> _Task goal_: Give back exactly the lines from the one containing "short very p ≡ a" through the end of the records, including both, and no others.

> _Data to examine_:
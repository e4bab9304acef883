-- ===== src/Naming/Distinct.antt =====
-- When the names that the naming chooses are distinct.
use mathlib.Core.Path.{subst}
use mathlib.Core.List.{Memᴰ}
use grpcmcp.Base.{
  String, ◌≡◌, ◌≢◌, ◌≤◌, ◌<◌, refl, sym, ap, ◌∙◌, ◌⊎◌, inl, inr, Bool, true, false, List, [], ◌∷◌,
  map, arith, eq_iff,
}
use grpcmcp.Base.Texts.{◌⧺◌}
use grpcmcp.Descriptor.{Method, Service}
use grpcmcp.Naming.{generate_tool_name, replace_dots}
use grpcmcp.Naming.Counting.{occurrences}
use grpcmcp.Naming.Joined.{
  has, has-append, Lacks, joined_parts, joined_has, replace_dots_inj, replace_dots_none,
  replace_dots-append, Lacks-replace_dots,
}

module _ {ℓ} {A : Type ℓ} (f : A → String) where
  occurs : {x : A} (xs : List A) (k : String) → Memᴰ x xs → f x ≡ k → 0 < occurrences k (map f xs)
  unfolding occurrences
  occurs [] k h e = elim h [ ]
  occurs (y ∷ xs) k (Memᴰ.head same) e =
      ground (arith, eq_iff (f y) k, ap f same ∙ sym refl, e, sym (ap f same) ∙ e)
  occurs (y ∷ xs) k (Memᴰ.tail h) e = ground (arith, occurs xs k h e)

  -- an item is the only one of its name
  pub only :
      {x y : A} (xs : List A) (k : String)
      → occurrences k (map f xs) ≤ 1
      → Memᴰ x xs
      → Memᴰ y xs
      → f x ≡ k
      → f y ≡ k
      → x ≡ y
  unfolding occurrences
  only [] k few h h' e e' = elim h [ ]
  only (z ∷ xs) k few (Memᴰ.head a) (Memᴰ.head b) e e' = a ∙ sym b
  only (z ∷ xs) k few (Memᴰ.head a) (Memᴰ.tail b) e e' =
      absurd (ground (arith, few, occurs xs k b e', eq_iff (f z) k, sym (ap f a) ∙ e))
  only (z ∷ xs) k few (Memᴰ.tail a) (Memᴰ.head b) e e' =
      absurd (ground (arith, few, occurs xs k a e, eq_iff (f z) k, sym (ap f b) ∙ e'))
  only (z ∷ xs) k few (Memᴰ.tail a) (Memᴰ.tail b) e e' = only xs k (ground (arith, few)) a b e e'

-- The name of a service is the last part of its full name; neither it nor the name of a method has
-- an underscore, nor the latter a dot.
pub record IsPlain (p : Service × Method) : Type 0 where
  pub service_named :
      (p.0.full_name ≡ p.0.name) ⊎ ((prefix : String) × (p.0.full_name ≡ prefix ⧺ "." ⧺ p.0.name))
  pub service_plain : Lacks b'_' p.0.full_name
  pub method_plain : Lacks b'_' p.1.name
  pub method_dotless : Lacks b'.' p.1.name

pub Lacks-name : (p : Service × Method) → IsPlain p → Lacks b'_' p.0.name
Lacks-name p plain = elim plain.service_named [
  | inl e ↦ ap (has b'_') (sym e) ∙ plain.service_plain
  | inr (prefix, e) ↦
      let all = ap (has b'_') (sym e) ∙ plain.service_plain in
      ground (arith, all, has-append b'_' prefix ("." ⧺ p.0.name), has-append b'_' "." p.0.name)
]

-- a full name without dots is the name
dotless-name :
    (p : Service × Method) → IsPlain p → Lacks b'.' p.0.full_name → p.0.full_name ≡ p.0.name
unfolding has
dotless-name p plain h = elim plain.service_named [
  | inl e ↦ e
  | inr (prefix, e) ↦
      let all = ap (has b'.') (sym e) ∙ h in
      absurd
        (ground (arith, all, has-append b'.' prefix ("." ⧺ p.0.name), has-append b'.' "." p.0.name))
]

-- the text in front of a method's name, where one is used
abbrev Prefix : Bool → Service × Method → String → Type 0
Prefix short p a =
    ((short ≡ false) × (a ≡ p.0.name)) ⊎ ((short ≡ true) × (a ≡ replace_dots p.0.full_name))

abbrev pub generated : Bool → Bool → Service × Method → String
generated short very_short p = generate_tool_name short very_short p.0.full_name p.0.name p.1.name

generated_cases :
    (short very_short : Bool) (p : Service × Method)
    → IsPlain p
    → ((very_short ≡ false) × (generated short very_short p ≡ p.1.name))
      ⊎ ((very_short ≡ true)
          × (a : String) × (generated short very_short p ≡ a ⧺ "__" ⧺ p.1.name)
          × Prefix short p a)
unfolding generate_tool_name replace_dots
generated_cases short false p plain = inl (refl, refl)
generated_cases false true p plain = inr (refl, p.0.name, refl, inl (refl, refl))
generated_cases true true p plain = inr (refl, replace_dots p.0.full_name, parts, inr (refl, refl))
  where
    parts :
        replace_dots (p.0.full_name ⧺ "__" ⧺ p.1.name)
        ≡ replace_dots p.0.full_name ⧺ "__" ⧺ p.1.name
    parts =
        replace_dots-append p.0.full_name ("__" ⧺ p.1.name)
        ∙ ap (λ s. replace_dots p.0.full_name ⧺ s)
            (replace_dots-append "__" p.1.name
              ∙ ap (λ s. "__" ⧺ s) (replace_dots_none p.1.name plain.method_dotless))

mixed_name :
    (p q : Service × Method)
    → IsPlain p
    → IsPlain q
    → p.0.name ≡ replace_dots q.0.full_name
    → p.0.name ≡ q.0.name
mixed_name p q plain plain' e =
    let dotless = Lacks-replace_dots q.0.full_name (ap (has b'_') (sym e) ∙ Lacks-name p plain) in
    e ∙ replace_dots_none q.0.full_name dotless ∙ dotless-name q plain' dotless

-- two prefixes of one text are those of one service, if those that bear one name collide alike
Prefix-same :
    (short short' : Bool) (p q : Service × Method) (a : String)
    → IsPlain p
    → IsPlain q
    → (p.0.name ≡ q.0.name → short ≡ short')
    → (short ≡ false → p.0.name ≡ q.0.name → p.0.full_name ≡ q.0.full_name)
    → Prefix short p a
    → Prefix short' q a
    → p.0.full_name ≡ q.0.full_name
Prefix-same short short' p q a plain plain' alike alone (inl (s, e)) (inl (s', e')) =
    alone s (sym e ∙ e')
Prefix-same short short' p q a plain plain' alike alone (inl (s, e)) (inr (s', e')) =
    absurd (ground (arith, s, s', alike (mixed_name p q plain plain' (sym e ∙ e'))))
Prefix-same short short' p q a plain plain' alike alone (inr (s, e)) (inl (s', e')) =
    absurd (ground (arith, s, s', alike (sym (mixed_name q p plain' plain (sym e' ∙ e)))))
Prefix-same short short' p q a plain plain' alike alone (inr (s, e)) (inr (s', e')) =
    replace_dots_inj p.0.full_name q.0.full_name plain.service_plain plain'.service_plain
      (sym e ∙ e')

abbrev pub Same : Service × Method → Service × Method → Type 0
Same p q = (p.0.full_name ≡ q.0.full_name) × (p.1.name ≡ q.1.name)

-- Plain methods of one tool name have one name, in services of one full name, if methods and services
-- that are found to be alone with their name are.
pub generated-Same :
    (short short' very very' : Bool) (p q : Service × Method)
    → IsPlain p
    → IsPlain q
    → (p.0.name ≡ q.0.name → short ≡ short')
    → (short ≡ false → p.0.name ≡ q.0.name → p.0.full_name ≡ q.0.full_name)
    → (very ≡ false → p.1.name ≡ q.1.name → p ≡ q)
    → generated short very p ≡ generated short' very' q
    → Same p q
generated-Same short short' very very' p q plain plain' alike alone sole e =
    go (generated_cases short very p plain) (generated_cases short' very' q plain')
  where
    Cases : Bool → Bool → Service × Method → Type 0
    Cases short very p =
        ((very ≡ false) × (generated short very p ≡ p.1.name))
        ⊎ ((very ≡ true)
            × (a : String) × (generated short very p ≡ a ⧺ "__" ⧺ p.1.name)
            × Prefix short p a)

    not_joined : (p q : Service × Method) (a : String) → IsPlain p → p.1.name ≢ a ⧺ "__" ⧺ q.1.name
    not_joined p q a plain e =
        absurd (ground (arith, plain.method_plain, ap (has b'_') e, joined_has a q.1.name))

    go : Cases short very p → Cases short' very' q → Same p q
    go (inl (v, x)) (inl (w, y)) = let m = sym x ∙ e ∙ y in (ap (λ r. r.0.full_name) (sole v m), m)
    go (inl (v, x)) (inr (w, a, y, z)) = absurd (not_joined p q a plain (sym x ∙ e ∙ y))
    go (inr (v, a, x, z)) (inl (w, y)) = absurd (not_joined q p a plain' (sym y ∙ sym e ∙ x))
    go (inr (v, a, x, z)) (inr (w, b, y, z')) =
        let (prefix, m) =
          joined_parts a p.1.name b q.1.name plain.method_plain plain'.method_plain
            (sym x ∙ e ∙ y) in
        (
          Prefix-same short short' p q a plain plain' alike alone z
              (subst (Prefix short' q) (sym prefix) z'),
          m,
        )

> _Your solution_:
            × (a : String) × (generated short very p ≡ a ⧺ "__" ⧺ p.1.name)
            × Prefix short p a)

    not_joined : (p q : Service × Method) (a : String) → IsPlain p → p.1.name ≢ a ⧺ "__" ⧺ q.1.name
    not_joined p q a plain e =
        absurd (ground (arith, plain.method_plain, ap (has b'_') e, joined_has a q.1.name))

    go : Cases short very p → Cases short' very' q → Same p q
    go (inl (v, x)) (inl (w, y)) = let m = sym x ∙ e ∙ y in (ap (λ r. r.0.full_name) (sole v m), m)
    go (inl (v, x)) (inr (w, a, y, z)) = absurd (not_joined p q a plain (sym x ∙ e ∙ y))
    go (inr (v, a, x, z)) (inl (w, y)) = absurd (not_joined q p a plain' (sym y ∙ sym e ∙ x))
    go (inr (v, a, x, z)) (inr (w, b, y, z')) =
        let (prefix, m) =
          joined_parts a p.1.name b q.1.name plain.method_plain plain'.method_plain
            (sym x ∙ e ∙ y) in
        (
          Prefix-same short short' p q a plain plain' alike alone z
              (subst (Prefix short' q) (sym prefix) z'),
          m,
        )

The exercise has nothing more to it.